• Task statement
Copy out, from the entries below, each line that holds the string "some".

• Raw data

+++++

-- ===== src/Policy/Checked.antt =====
-- What `sign_verified_policy` signs.
use policy_templates.Prelude.{
  ℕ, ◌≡◌, refl, ◌↔◌, Bytes, text, ◌==◌, ==_iff, ==_sound, ok, some, false, All, contains, ◌⊎◌,
  ensure-passed, >>=-eq-ok,
}
use policy_templates.External.{External}
use policy_templates.Policy.{
  SigningKeyMaterial, SignRequest, PolicyMetadata, SignedPolicyArtifact, VerifiedSigningInputs,
  GeneratedAgentPolicy, template_id,
}
use policy_templates.Policy.Sudo.{RootfulSudo, validate_oci_security_floor_iff}
use policy_templates.Policy.Slots.{IsSlotValue, slots, substitute, render_template_iff}
use policy_templates.Policy.Message.{Message, policy_artifact_signing_input_iff}
use policy_templates.Policy.Floor.{validate_oci_security_floor}
use policy_templates.Policy.Render.{render_template, template_sha256}
use policy_templates.Policy.Metadata.{policy_artifact_signing_input}
use policy_templates.Policy.Sign.{metadata_of, artifact_of, sign_verified_policy}

-- What an artifact says of itself: of the descriptor, the template, the policy of the generator, the
-- key and the time.
abbrev pub stated :
    {Value : Type 0}
    → External
    → Bytes
    → VerifiedSigningInputs Value
    → GeneratedAgentPolicy
    → SigningKeyMaterial
    → ℕ
    → PolicyMetadata
stated x template inputs generated key now = record {
  app_id = x.uuid_to_string inputs.descriptor.app_id;
  deploy_id = x.uuid_to_string inputs.descriptor.deploy_id;
  descriptor_core_hash = x.hex_encode inputs.descriptor_core_hash;
  descriptor_signing_pubkey = x.hex_encode inputs.descriptor_signing_pubkey;
  platform_release_version = inputs.descriptor.platform_release_version;
  policy_template_id = text "trustee-resource-policy-v1.1";
  policy_template_sha256 = x.hex_encode (x.sha256 template);
  agent_policy_sha256 = x.hex_encode (x.sha256 generated.policy_text);
  genpolicy_version_pin = generated.invocation.version_pin;
  signed_at = x.to_rfc3339 now;
  key_id = key.key_id;
}

-- The artifact with these statements, the texts, their hashes, and the signature.
abbrev pub shown :
    {Value : Type 0}
    → External
    → Bytes
    → VerifiedSigningInputs Value
    → GeneratedAgentPolicy
    → SigningKeyMaterial
    → ℕ
    → Bytes
    → Bytes
    → SignedPolicyArtifact Value
shown x template inputs generated key now rego_text signing_input = record {
  metadata = stated x template inputs generated key now;
  rego_text = rego_text;
  rego_sha256 = x.hex_encode (x.sha256 rego_text);
  agent_policy_text = generated.policy_text;
  agent_policy_sha256 = x.hex_encode (x.sha256 generated.policy_text);
  signature = x.hex_encode (x.sign key.signing_key signing_input);
  verify_pubkey_b64 = x.b64_encode (x.verifying_key key.signing_key);
  org_keyring = some inputs.org_keyring;
}

-- The request and the generated policy are those of the descriptor, the descriptor is above the
-- security floor and names this template, its rendered text is the one that the deployer signed,
-- and the artifact shows all of it under a signature.
pub record Approved {Value : Type 0} (x : External) (template : Bytes) (req : SignRequest)
    (inputs : VerifiedSigningInputs Value) (generated : GeneratedAgentPolicy)
    (key : SigningKeyMaterial) (now : ℕ) (a : SignedPolicyArtifact Value) : Type 0 where
  pub app_id : req.app_id ≡ inputs.descriptor.app_id
  pub deploy_id : req.deploy_id ≡ inputs.descriptor.deploy_id
  pub release : req.platform_release_version ≡ inputs.descriptor.platform_release_version
  pub schema : inputs.descriptor.schema_version ≡ text "v1"
  pub template_named : inputs.descriptor.policy_template_id ≡ text "trustee-resource-policy-v1.1"
  pub template_hash : inputs.descriptor.policy_template_sha256 ≡ x.sha256 template
  pub unprivileged : inputs.descriptor.oci_runtime_spec.security_context.privileged ≡ false
  pub escalation :
      (inputs.descriptor.oci_runtime_spec.security_context.allow_privilege_escalation ≡ false)
      ⊎ RootfulSudo inputs.descriptor.oci_runtime_spec
  pub rego_text : Bytes
  pub values : All (λ (slot : Bytes × Bytes). IsSlotValue slot.1) (slots x inputs.descriptor)
  pub rendered : rego_text ≡ substitute template (slots x inputs.descriptor)
  pub no_slot_left : contains (text "{{") rego_text ≡ false
  pub kbs_hash : inputs.descriptor.expected_kbs_policy_hash ≡ x.sha256 rego_text
  pub agent_hash : inputs.descriptor.expected_agent_policy_hash ≡ x.sha256 generated.policy_text
  pub signing_input : Bytes
  pub input :
      Message x (stated x template inputs generated key now) (x.sha256 rego_text) signing_input
  pub artifact : a ≡ shown x template inputs generated key now rego_text signing_input

module _ {Value : Type 0} (x : External) (template : Bytes) (req : SignRequest)
    (inputs : VerifiedSigningInputs Value) (generated : GeneratedAgentPolicy)
    (key : SigningKeyMaterial) (now : ℕ) (a : SignedPolicyArtifact Value) where
  Approved-of_sign :
      sign_verified_policy x template req inputs generated key now ≡ ok a
      → Approved x template req inputs generated key now a
  unfolding sign_verified_policy metadata_of artifact_of template_sha256 template_id
  Approved-of_sign h =
      let d = inputs.descriptor in
      let (app, h1) = ensure-passed (req.app_id == d.app_id) _ _ h in
      let (deploy, h2) = ensure-passed (req.deploy_id == d.deploy_id) _ _ h1 in
      let (release, h3) =
        ensure-passed (req.platform_release_version == d.platform_release_version) _ _ h2 in
      let (schema, h4) = ensure-passed (d.schema_version == text "v1") _ _ h3 in
      let (named, h5) = ensure-passed (d.policy_template_id == template_id) _ _ h4 in
      let (hash, h6) =
        ensure-passed (d.policy_template_sha256 == template_sha256 x template) _ _ h5 in
      let (u, floor, h7) = >>=-eq-ok (validate_oci_security_floor d) _ h6 in
      let (safe, profile) = (validate_oci_security_floor_iff d).0 floor in
      let (rego, rendered, h8) = >>=-eq-ok (render_template x template d) _ h7 in
      let (values, substituted, none_left) = (render_template_iff x template d rego).0 rendered in
      let (kbs, h9) = ensure-passed (d.expected_kbs_policy_hash == x.sha256 rego) _ _ h8 in
      let (agent, h10) =
        ensure-passed (d.expected_agent_policy_hash == x.sha256 generated.policy_text) _ _ h9 in
      let (input, signed, h11) =
        >>=-eq-ok
          (policy_artifact_signing_input x (stated x template inputs generated key now)
            (x.sha256 rego))
          _ h10 in
      record {
        app_id = ==_sound _ _ app;
        deploy_id = ==_sound _ _ deploy;
        release = ==_sound _ _ release;
        schema = ==_sound _ _ schema;
        template_named = ==_sound _ _ named;
        template_hash = ==_sound _ _ hash;
        unprivileged = safe;
        escalation = profile;
        rego_text = rego;
        values = values;
        rendered = substituted;
        no_slot_left = none_left;
        kbs_hash = ==_sound _ _ kbs;
        agent_hash = ==_sound _ _ agent;
        signing_input = input;
        input = (policy_artifact_signing_input_iff x _ _ _).0 signed;
        artifact = cc;
      }

  sign_of_Approved :
      Approved x template req inputs generated key now a
      → sign_verified_policy x template req inputs generated key now ≡ ok a
  unfolding sign_verified_policy metadata_of artifact_of template_sha256 template_id
  sign_of_Approved p =
      rw
        (
          (==_iff _ _).1 p.app_id,
          (==_iff _ _).1 p.deploy_id,
          (==_iff _ _).1 p.release,
          (==_iff _ _).1 p.schema,
          (==_iff _ _).1 p.template_named,
          (==_iff _ _).1 p.template_hash,
          (validate_oci_security_floor_iff inputs.descriptor).1 (p.unprivileged, p.escalation),
          (render_template_iff x template inputs.descriptor p.rego_text).1
              (p.values, p.rendered, p.no_slot_left),
          (==_iff _ _).1 p.kbs_hash,
          (==_iff _ _).1 p.agent_hash,
          (policy_artifact_signing_input_iff x _ _ _).1 p.input,
          p.artifact,
        )
        refl

-- `sign_verified_policy` returns an artifact exactly when the request agrees with the descriptor; the
-- descriptor has the supported version, names this template, is not privileged and escalates no
-- privileges but in the profile of sudo; the values of the template's slots are allowed, no slot is
-- left, and the rendered text and the generated policy have the hashes that the descriptor expects.
-- Then the artifact is the one whose fields, those of the metadata included, are written out in
-- `stated` and `shown`, and its signature is over the message written out in `Message`: the purpose,
-- the hash of that metadata, and the hash of the text.
pub sign_verified_policy_iff :
    {Value : Type 0} (x : External) (template : Bytes) (req : SignRequest)
    (inputs : VerifiedSigningInputs Value) (generated : GeneratedAgentPolicy)
    (key : SigningKeyMaterial) (now : ℕ) (a : SignedPolicyArtifact Value)
    → (sign_verified_policy x template req inputs generated key now ≡ ok a)
      ↔ Approved x template req inputs generated key now a
sign_verified_policy_iff x template req inputs generated key now a = (
  Approved-of_sign x template req inputs generated key now a,
  sign_of_Approved x template req inputs generated key now a,
)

+++++

• Task solution
  ℕ, ◌≡◌, refl, ◌↔◌, Bytes, text, ◌==◌, ==_iff, ==_sound, ok, some, false, All, contains, ◌⊎◌,
  org_keyring = some inputs.org_keyring;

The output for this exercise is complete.